**ABOUT THIS EXERCISE:** Determine how many lines below include the string "explicit". Reply with the number only.

── RAW DATA ──

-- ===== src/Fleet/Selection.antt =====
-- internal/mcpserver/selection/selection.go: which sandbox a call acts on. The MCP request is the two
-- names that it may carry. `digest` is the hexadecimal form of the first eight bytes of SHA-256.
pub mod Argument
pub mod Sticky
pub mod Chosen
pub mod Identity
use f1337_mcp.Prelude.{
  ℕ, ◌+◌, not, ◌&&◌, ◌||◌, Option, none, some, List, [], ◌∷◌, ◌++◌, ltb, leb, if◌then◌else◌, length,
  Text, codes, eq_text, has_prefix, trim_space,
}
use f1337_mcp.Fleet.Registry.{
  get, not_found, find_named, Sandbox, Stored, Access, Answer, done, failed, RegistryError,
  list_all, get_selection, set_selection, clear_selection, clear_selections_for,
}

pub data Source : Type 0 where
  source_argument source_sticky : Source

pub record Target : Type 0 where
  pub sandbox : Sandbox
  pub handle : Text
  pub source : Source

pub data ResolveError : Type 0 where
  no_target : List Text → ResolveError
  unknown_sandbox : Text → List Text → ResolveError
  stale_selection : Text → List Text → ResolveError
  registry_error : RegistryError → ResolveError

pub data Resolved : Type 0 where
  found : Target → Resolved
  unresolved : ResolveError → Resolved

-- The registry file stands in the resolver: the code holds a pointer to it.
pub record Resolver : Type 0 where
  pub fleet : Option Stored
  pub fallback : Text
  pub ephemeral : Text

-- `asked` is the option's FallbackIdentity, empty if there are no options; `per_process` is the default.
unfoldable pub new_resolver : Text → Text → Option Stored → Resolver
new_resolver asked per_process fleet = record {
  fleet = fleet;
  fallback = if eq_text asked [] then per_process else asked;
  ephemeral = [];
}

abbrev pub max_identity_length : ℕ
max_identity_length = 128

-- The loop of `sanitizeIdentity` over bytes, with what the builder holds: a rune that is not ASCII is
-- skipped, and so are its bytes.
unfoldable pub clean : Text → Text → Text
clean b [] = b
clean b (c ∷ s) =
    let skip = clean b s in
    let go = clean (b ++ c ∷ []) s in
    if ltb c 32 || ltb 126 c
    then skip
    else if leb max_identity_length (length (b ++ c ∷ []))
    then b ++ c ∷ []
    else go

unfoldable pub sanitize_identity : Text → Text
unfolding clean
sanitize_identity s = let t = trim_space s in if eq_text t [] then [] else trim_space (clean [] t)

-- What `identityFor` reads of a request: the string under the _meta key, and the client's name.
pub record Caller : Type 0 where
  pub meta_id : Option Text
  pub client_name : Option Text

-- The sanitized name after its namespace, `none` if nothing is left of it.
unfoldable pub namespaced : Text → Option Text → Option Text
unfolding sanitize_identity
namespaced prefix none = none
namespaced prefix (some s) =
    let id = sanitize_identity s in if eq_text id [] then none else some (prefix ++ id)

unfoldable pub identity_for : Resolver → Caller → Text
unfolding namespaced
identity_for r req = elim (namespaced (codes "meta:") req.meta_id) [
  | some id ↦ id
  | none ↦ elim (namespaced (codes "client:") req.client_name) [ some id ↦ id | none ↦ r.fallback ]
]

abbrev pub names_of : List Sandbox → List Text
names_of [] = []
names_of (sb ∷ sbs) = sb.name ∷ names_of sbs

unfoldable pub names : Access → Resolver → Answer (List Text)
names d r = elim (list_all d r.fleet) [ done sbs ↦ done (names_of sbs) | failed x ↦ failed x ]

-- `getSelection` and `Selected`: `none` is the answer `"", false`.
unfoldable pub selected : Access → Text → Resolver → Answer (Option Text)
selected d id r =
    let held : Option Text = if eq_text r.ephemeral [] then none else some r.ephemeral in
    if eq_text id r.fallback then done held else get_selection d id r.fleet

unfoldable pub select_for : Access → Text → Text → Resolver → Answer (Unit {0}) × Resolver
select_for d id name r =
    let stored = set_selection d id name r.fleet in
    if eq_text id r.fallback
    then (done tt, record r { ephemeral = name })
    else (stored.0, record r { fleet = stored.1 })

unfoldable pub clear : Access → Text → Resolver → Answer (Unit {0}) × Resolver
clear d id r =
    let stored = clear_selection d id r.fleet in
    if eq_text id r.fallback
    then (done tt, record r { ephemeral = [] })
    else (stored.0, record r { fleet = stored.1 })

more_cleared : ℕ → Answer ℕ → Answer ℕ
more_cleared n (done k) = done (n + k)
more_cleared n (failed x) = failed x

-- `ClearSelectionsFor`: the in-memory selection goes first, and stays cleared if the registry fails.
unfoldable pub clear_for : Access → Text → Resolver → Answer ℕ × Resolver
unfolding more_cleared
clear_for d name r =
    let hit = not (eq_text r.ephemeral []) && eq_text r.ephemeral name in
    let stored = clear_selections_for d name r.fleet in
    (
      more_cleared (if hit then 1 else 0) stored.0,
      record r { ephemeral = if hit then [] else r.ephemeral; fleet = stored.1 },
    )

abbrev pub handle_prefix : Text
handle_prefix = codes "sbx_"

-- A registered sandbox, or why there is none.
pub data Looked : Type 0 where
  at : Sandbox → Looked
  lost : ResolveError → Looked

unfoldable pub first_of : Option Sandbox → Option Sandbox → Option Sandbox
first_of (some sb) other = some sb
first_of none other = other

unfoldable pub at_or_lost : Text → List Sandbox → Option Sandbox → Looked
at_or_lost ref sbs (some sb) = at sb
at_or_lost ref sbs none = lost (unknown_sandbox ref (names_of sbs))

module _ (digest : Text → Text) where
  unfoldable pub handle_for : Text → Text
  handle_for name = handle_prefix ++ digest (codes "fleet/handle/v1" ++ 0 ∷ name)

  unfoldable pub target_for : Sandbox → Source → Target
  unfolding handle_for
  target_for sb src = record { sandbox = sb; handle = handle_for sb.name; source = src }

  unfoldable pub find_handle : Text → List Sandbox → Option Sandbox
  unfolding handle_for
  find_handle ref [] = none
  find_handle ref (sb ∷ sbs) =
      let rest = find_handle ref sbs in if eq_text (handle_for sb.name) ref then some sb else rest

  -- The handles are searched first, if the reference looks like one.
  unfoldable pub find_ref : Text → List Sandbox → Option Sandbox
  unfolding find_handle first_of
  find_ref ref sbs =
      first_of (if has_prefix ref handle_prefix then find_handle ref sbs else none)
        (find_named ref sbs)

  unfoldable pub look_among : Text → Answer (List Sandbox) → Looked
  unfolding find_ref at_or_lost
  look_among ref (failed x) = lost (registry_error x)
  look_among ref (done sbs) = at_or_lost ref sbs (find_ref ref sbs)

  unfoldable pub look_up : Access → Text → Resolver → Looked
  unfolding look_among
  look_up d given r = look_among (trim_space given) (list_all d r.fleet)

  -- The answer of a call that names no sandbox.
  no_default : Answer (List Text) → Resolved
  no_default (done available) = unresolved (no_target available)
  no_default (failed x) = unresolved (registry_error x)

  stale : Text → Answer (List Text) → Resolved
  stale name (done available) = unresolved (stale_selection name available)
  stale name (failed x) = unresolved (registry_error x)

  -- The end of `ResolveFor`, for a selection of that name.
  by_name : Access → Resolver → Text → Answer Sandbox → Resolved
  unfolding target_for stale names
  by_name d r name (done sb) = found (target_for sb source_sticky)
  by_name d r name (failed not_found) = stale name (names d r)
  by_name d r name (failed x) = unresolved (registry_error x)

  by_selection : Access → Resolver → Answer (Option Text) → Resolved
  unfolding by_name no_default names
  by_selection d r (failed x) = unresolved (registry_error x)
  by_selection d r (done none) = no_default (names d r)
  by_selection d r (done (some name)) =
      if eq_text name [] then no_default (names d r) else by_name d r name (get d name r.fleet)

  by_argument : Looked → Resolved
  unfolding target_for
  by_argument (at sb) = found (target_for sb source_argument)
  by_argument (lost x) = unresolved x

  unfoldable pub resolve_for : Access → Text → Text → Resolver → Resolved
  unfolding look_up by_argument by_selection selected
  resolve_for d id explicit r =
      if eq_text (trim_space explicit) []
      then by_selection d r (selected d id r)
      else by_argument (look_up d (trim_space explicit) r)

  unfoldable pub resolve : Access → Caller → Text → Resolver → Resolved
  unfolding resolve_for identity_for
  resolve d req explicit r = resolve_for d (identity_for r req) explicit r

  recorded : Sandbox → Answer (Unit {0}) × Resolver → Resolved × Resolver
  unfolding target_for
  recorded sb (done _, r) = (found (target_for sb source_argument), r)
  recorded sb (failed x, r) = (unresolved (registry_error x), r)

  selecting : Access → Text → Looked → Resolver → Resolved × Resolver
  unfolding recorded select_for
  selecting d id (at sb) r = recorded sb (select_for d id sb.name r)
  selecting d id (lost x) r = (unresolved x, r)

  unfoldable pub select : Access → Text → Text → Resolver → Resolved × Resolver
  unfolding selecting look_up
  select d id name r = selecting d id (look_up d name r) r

───

**RESULT FOR THIS EXERCISE:** 4